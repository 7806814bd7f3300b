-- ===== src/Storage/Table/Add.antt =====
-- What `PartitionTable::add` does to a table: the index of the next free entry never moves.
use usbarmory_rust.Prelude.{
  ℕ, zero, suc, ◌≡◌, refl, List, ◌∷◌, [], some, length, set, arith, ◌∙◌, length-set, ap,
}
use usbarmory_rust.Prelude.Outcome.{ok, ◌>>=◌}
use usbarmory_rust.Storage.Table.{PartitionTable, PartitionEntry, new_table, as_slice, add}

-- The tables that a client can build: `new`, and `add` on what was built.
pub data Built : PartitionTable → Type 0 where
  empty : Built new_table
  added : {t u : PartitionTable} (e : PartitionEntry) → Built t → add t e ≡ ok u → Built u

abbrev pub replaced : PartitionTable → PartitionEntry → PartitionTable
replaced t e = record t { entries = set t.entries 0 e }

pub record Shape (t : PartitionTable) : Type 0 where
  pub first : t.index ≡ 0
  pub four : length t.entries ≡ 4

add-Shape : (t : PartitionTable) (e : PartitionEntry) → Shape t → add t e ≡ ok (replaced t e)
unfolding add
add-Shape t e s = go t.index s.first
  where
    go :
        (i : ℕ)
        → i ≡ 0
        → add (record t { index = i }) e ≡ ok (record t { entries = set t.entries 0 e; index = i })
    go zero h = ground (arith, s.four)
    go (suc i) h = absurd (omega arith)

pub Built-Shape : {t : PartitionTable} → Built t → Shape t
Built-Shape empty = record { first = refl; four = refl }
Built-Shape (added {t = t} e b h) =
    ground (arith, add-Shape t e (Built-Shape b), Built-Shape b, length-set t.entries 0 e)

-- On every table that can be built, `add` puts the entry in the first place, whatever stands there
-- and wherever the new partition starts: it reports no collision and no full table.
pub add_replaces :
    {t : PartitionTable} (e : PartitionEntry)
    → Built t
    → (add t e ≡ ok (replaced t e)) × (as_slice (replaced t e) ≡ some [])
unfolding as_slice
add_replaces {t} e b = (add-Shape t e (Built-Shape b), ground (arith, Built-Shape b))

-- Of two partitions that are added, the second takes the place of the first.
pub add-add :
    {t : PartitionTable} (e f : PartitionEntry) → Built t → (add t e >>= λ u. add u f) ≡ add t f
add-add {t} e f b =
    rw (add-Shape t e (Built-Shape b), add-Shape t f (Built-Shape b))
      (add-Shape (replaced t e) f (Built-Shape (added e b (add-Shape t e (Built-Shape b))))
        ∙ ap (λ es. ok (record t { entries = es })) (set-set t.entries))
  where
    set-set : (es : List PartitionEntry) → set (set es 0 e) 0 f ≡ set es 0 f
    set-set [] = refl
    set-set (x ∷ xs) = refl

——————

PROBLEM: Select and copy every line of the material that holds the string "replaced".

TASK RESULT:
abbrev pub replaced : PartitionTable → PartitionEntry → PartitionTable
replaced t e = record t { entries = set t.entries 0 e }
add-Shape : (t : PartitionTable) (e : PartitionEntry) → Shape t → add t e ≡ ok (replaced t e)
    → (add t e ≡ ok (replaced t e)) × (as_slice (replaced t e) ≡ some [])
      (add-Shape (replaced t e) f (Built-Shape (added e b (add-Shape t e (Built-Shape b))))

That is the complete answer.